I woke up early. It makes sense. I went to bed early, too. I woke during the night. No surprise there, I often do. There’s no stress over any of that. My head is a jumble of random beginnings of thoughts seeking a narrative in which to play a role. My morning is a strange sequence of broken routines and randomness. I’m not concerned about that, either. Again and again, I pull myself back to this moment, here, now.

I sit down with my coffee, eventually, some two hours after waking (which is only one of many odd random bits of altered behavior that seems without cause or purpose).

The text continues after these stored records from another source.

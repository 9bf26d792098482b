-- ===== src/Process/Unhash.antt =====
-- Taking an entry out of its bucket keeps the hash table.
use nku_os_2025_lab.Prelude.{
  ℕ, ◌+◌, ◌<◌, ◌≡◌, ◌≢◌, refl, sym, ap, subst, inl, inr, List, [], ◌∷◌, ◌++◌, arith, All, All-map,
  All-both, Among, Among-All, NotIn, Distinct, last, map, update, update_self, update_ne,
}
use native.Mathlib.Decide.{ℕ_discrete}
use nku_os_2025_lab.Libs.LinkedList.{Links, list_del}
use nku_os_2025_lab.Libs.LinkedList.Ring.{IsRing, IsSeg-split_left, IsSeg-split_right, prev-last}
use nku_os_2025_lab.Libs.LinkedList.Distinct.{NotIn-before, NotIn-after}
use nku_os_2025_lab.Libs.LinkedList.Remove.{IsRing-list_del, IsRing-list_del_other}
use nku_os_2025_lab.Process.{pid_hashfn}
use nku_os_2025_lab.Process.Buckets.{
  IsTable, IsEntry, hash_list_size, pid_hashfn-lt, header_ne, other_bucket,
}

module _ {ℓ} (P : ℕ → Type ℓ) where
  pub All-remove : (ys : List ℕ) (x : ℕ) (zs : List ℕ) → All P (ys ++ x ∷ zs) → All P (ys ++ zs)
  All-remove [] x zs h = h.1
  All-remove (y ∷ ys) x zs h = (h.0, All-remove ys x zs h.1)

pub Among-remove : (a x : ℕ) (ys zs : List ℕ) → a ≢ x → Among a (ys ++ x ∷ zs) → Among a (ys ++ zs)
Among-remove a x [] zs n i = elim i [ inl e ↦ absurd (n e) | inr j ↦ j ]
Among-remove a x (y ∷ ys) zs n i = elim i [
  | inl e ↦ inl e
  | inr j ↦ inr (Among-remove a x ys zs n j)
]

pub Among-at : (x : ℕ) (ys zs : List ℕ) → Among x (ys ++ x ∷ zs)
Among-at x [] zs = inl refl
Among-at x (y ∷ ys) zs = inr (Among-at x ys zs)

pub Among-split :
    (x : ℕ) (xs : List ℕ) → Among x xs → (ys : List ℕ) × (zs : List ℕ) × (xs ≡ ys ++ x ∷ zs)
Among-split x [] i = absurd i
Among-split x (y ∷ ys) i = elim i [
  | inl e ↦ ([], ys, ap (λ w. w ∷ ys) (sym e))
  | inr j ↦ let s = Among-split x ys j in (y ∷ s.0, s.1, ap (λ w. y ∷ w) s.2)
]

pub Distinct-map_remove :
    (f : ℕ → ℕ) (ys : List ℕ) (x : ℕ) (zs : List ℕ)
    → Distinct (map f (ys ++ x ∷ zs))
    → Distinct (map f (ys ++ zs))
Distinct-map_remove f [] x zs d = d.1
Distinct-map_remove f (y ∷ ys) x zs d = (apart ys d.0, Distinct-map_remove f ys x zs d.1)
  where
    apart : (ws : List ℕ) → NotIn (f y) (map f (ws ++ x ∷ zs)) → NotIn (f y) (map f (ws ++ zs))
    apart [] h = h.1
    apart (w ∷ ws) h = (h.0, apart ws h.1)

-- In a ring of distinct entries, the others are not the one.
pub others_ne :
    (l : Links) (head : ℕ) (ys : List ℕ) (x : ℕ) (zs : List ℕ)
    → IsRing l head (ys ++ x ∷ zs)
    → All (λ y. y ≢ x) (ys ++ zs)
others_ne l head ys x zs r = append_all ys (NotIn-before ys x zs r.distinct.1)
  where
    append_all : (ws : List ℕ) → NotIn x ws → All (λ y. y ≢ x) (ws ++ zs)
    append_all [] h = NotIn-after ys x zs r.distinct.1
    append_all (w ∷ ws) h = (h.0, append_all ws h.1)

Among-last : (a : ℕ) (ys zs : List ℕ) → Among (last a ys) (a ∷ ys ++ zs)
Among-last a [] zs = inl refl
Among-last a (y ∷ ys) zs = inr (Among-last y ys zs)

-- The neighbours of an entry are in its ring.
Among-prev :
    (l : Links) (head : ℕ) (ys : List ℕ) (x : ℕ) (zs : List ℕ)
    → IsRing l head (ys ++ x ∷ zs)
    → Among (l.prev x) (head ∷ ys ++ x ∷ zs)
Among-prev l head ys x zs r =
    subst (λ w. Among w (head ∷ ys ++ x ∷ zs))
      (sym (prev-last l head ys x (IsSeg-split_left l head ys x zs head r.seg)))
      (Among-last head ys (x ∷ zs))

Among-next :
    (l : Links) (head : ℕ) (ys : List ℕ) (x : ℕ) (zs : List ℕ)
    → IsRing l head (ys ++ x ∷ zs)
    → Among (l.next x) (head ∷ ys ++ x ∷ zs)
Among-next l head ys x [] r = inl (IsSeg-split_right l head ys x [] head r.seg).0
Among-next l head ys x (z ∷ zs) r = inr (
    subst (λ w. Among w (ys ++ x ∷ z ∷ zs))
      (sym (IsSeg-split_right l head ys x (z ∷ zs) head r.seg).0) (behind ys))
  where
    behind : (ws : List ℕ) → Among z (ws ++ x ∷ z ∷ zs)
    behind [] = inr (inl refl)
    behind (w ∷ ws) = inr (behind ws)

module _ (base : ℕ) (links : Links) (pid : ℕ → ℕ) (buckets : ℕ → List ℕ)
    (v : IsTable base links pid buckets) where
  -- The entries of one bucket, and its header, are in no other.
  bucket_apart :
      (b c : ℕ)
      → b < hash_list_size
      → c < hash_list_size
      → b ≢ c
      → All (λ w. NotIn w ((base + b) ∷ buckets b)) ((base + c) ∷ buckets c)
  bucket_apart b c h k n = (
    (
      (λ q. n (omega arith)),
      All-map _ _ (buckets b) (λ x (i : IsEntry base x) q. header_ne base c x k i (sym q))
          (v.entries b),
    ),
    All-both (buckets c) (v.entries c) (v.hashed c)
        (λ w i e. (header_ne base b w h i, other_bucket pid b c w (buckets b) n e (v.hashed b))),
  )

  module _ (proc : ℕ) (ys zs : List ℕ)
      (split : buckets (pid_hashfn (pid proc)) ≡ ys ++ proc ∷ zs) where
    abbrev bucket : ℕ
    bucket = pid_hashfn (pid proc)

    -- The table without the process.
    abbrev pub narrower : ℕ → List ℕ
    narrower = update buckets bucket (ys ++ zs)

    pub mine : IsRing links (base + bucket) (ys ++ proc ∷ zs)
    mine = subst (IsRing links (base + bucket)) split (v.rings bucket (pid_hashfn-lt (pid proc)))

    -- What holds of the entries of every bucket still does.
    pub at_bucket :
        (P : ℕ → ℕ → Type 0) → ((b : ℕ) → All (P b) (buckets b)) → (b : ℕ) → All (P b) (narrower b)
    at_bucket P k b = elim (ℕ_discrete b bucket) [
      | yes e ↦
          subst (λ w. All (P w) (narrower w)) (sym e)
            (subst (All (P bucket)) (sym (update_self buckets bucket (ys ++ zs)))
              (All-remove (P bucket) ys proc zs (subst (All (P bucket)) split (k bucket))))
      | no n ↦ subst (All (P b)) (sym (update_ne buckets bucket (ys ++ zs) b n)) (k b)
    ]

    neighbour :
        (b w : ℕ)
        → b < hash_list_size
        → b ≢ bucket
        → Among w ((base + bucket) ∷ ys ++ proc ∷ zs)
        → NotIn w ((base + b) ∷ buckets b)
    neighbour b w h n i =
        Among-All (λ u. NotIn u ((base + b) ∷ buckets b)) w ((base + bucket) ∷ buckets bucket)
          (subst (λ us. Among w ((base + bucket) ∷ us)) (sym split) i)
          (bucket_apart b bucket h (pid_hashfn-lt (pid proc)) n)

    pub IsTable-list_del : IsTable base (list_del proc links) pid narrower
    IsTable-list_del = record {
      rings = λ b h. elim (ℕ_discrete b bucket) [
        | yes e ↦
            subst (λ w. IsRing (list_del proc links) (base + w) (narrower w)) (sym e)
              (subst (IsRing (list_del proc links) (base + bucket))
                (sym (update_self buckets bucket (ys ++ zs))) (IsRing-list_del ys proc zs mine))
        | no n ↦
            subst (IsRing (list_del proc links) (base + b))
              (sym (update_ne buckets bucket (ys ++ zs) b n))
              (IsRing-list_del_other links proc (base + b) (buckets b)
                (neighbour b (links.prev proc) h n
                  (Among-prev links (base + bucket) ys proc zs mine))
                (neighbour b (links.next proc) h n
                  (Among-next links (base + bucket) ys proc zs mine))
                (v.rings b h))
      ];
      hashed = at_bucket (λ b x. pid_hashfn (pid x) ≡ b) v.hashed;
      entries = at_bucket (λ b. IsEntry base) v.entries;
      present = at_bucket (λ b x. x ≢ 0) v.present;
    }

The first track on my playlist right now is an old favorite. I want very much to play the bass line; I am not yet sufficiently skilled (and realistically, there is chance I never will be). I can try to play it, and fail. I could do that repeatedly. I could do that repeatedly until I am frustrated to the point of disliking what I am doing, although I am doing it because I enjoy it… a lot of people approaching learning something challenging in just that fashion.

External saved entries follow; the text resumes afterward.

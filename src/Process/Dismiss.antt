-- ===== src/Process/Dismiss.antt =====
-- `unhash_proc` and `remove_links`: a process that has ended leaves the list, the table and the
-- family.
use nku_os_2025_lab.Prelude.{
  ℕ, ◌+◌, ◌-◌, ◌<◌, ◌≡◌, ◌≢◌, refl, sym, ap, subst, ◌∙◌, ◌⊎◌, inl, inr, List, ◌∷◌, ◌++◌, arith, All,
  All-both, Among, Among-All, length, length-append, update, update_self, update_ne, eq→==, ne→==,
  ◌==◌, if◌then◌else◌,
}
use native.Mathlib.Decide.{ℕ_discrete}
use nku_os_2025_lab.Libs.LinkedList.Remove.{IsRing-list_del}
use nku_os_2025_lab.Process.{
  Processes, max_pid, pid_hashfn, unhash_proc, remove_links, dismiss_process,
}
use nku_os_2025_lab.Process.Buckets.{other_bucket}
use nku_os_2025_lab.Process.Unhash.{
  All-remove, Among-remove, Among-split, Among-at, Distinct-map_remove, others_ne, narrower,
  at_bucket, IsTable-list_del, mine,
}
use nku_os_2025_lab.Process.Agree.{IsProcesses}

-- What is left of the processes `ys ++ proc ∷ zs` when `proc` is dismissed: they agree without it,
-- no other process changes its pid, and the siblings of `proc`, or its parent, are linked past it.
pub record Dismissed (s : Processes) (ys : List ℕ) (proc : ℕ) (zs : List ℕ) (left : Processes)
    : Type 0 where
  pub buckets : ℕ → List ℕ
  pub valid : IsProcesses left (ys ++ zs) buckets
  pub pids : left.pid ≡ s.pid
  pub older : (s.optr proc ≡ 0) ⊎ (left.yptr (s.optr proc) ≡ s.yptr proc)
  pub younger :
      ((s.yptr proc ≡ 0) × (left.cptr (s.parent proc) ≡ s.optr proc))
      ⊎ ((s.yptr proc ≢ 0) × (left.optr (s.yptr proc) ≡ s.optr proc) × (left.cptr ≡ s.cptr))
  pub count : left.nr_process ≡ s.nr_process - 1

module _ (s : Processes) (ys : List ℕ) (proc : ℕ) (zs : List ℕ) (buckets : ℕ → List ℕ)
    (v : IsProcesses s (ys ++ proc ∷ zs) buckets) (self : s.optr proc ≢ proc) where
  abbrev home : ℕ
  home = pid_hashfn (s.pid proc)

  others : All (λ y. y ≢ proc) (ys ++ zs)
  others = others_ne s.links s.proc_list ys proc zs v.pids.ring

  place : (us : List ℕ) × (ws : List ℕ) × (buckets home ≡ us ++ proc ∷ ws)
  place = Among-split proc (buckets home) (
      Among-All (λ x. Among x (buckets (pid_hashfn (s.pid x)))) proc (ys ++ proc ∷ zs)
        (Among-at proc ys zs) v.tabled)

  abbrev buckets' : ℕ → List ℕ
  buckets' = narrower s.hash_list s.hash_links s.pid buckets v.table proc place.0 place.1 place.2

  -- The process is in no bucket now.
  untabled : (b : ℕ) → All (λ x. x ≢ proc) (buckets' b)
  untabled b = elim (ℕ_discrete b home) [
    | yes e ↦
        subst (λ w. All (λ x. x ≢ proc) (buckets' w)) (sym e)
          (subst (All (λ x. x ≢ proc)) (sym (update_self buckets home (place.0 ++ place.1))) (
            others_ne s.hash_links (s.hash_list + home) place.0 proc place.1
              (mine s.hash_list s.hash_links s.pid buckets v.table proc place.0 place.1 place.2)))
    | no n ↦
        subst (All (λ x. x ≢ proc)) (sym (update_ne buckets home (place.0 ++ place.1) b n))
          (other_bucket s.pid b home proc (buckets b) n refl (v.table.hashed b))
  ]

  listed : (b : ℕ) → All (λ x. Among x (ys ++ zs)) (buckets' b)
  listed b =
      All-both (buckets' b) (untabled b)
        (at_bucket s.hash_list s.hash_links s.pid buckets v.table proc place.0 place.1 place.2
          (λ c x. Among x (ys ++ proc ∷ zs)) v.listed b)
        (λ x n i. Among-remove x proc ys zs n i)

  tabled : All (λ x. Among x (buckets' (pid_hashfn (s.pid x)))) (ys ++ zs)
  tabled =
      All-both (ys ++ zs) others
        (All-remove (λ x. Among x (buckets (pid_hashfn (s.pid x)))) ys proc zs v.tabled)
        (λ x n i. elim (ℕ_discrete (pid_hashfn (s.pid x)) home) [
          | yes e ↦
              subst (λ w. Among x (buckets' w)) (sym e)
                (subst (Among x) (sym (update_self buckets home (place.0 ++ place.1))) (
                  Among-remove x proc place.0 place.1 n
                    (subst (Among x) (ap buckets e ∙ place.2) i)))
          | no m ↦
              subst (Among x)
                (sym (update_ne buckets home (place.0 ++ place.1) (pid_hashfn (s.pid x)) m)) i
        ])

  shorter : length (ys ++ zs) + 1 < max_pid
  shorter =
      let a = length-append ys zs in
      let b = length-append ys (proc ∷ zs) in let few = v.pids.few in omega arith

  valid : IsProcesses (dismiss_process proc s) (ys ++ zs) buckets'
  unfolding dismiss_process unhash_proc remove_links
  valid = record {
    pids = record {
      ring = IsRing-list_del ys proc zs v.pids.ring;
      gap = All-remove _ ys proc zs v.pids.gap;
      started = v.pids.started;
      bounded = v.pids.bounded;
      few = shorter;
    };
    table =
        IsTable-list_del s.hash_list s.hash_links s.pid buckets v.table proc place.0 place.1
          place.2;
    unique = Distinct-map_remove s.pid ys proc zs v.unique;
    ranged = All-remove _ ys proc zs v.ranged;
    listed = listed;
    tabled = tabled;
  }

  -- `proc->yptr` is read after a write that does not change it.
  same_younger :
      (if s.optr proc == 0 then s.yptr else update s.yptr (s.optr proc) (s.yptr proc)) proc
      ≡ s.yptr proc
  same_younger = elim (ℕ_discrete (s.optr proc) 0) [
    | yes e ↦ rw (eq→== (s.optr proc) 0 e) refl
    | no n ↦
        rw (ne→== (s.optr proc) 0 n)
          (update_ne s.yptr (s.optr proc) (s.yptr proc) proc (λ q. self (sym q)))
  ]

  -- Where the list and the table agree, dismissing a listed process that is not
  -- its own older sibling takes it out of both, and they agree
  -- on the others, whose pids stay. Its older sibling, if there is one, gets its younger one as the
  -- next; its younger sibling, or the parent where there is none, gets its older one.
  pub dismiss_process-Dismissed : Dismissed s ys proc zs (dismiss_process proc s)
  unfolding dismiss_process unhash_proc remove_links
  dismiss_process-Dismissed = record {
    buckets = buckets';
    valid = valid;
    pids = refl;
    older = elim (ℕ_discrete (s.optr proc) 0) [
      | yes e ↦ inl e
      | no n ↦ inr (rw (ne→== (s.optr proc) 0 n) (update_self s.yptr (s.optr proc) (s.yptr proc)))
    ];
    younger = elim (ℕ_discrete (s.yptr proc) 0) [
      | yes e ↦ inl (
        e,
        rw same_younger
            (rw (eq→== (s.yptr proc) 0 e) (update_self s.cptr (s.parent proc) (s.optr proc))),
      )
      | no n ↦ inr (
        n,
        rw same_younger
            (rw (ne→== (s.yptr proc) 0 n) (update_self s.optr (s.yptr proc) (s.optr proc))),
        rw same_younger (rw (ne→== (s.yptr proc) 0 n) refl),
      )
    ];
    count = refl;
  }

I take another approach, instead of “trying”… I practice. That’s it. My approach to a lot of stuff I’m not good at, don’t yet know, haven’t yet found my way around, through, over, or into, or need to do and don’t quite “get”, yet. I practice. I practice the basic skills that would be required to do the thing. Too complicated? I break those things down further, to more elemental basics, until I can begin assembling simpler behavior or actions (or understandings) into more and more complex combinations, and – if all goes well – have learned to do the thing, have gained a new understanding, have completed some complicated task… whatever it is. Most things seem to work out pretty well this way, although it is not the fastest process by which to achieve success. It’s a bit like… a through hike on an unmarked trail, while all the way along observing what appears to be a freeway almost within reach, on the other side of a fence. I could waste time trying to reach that freeway, or I can walk on.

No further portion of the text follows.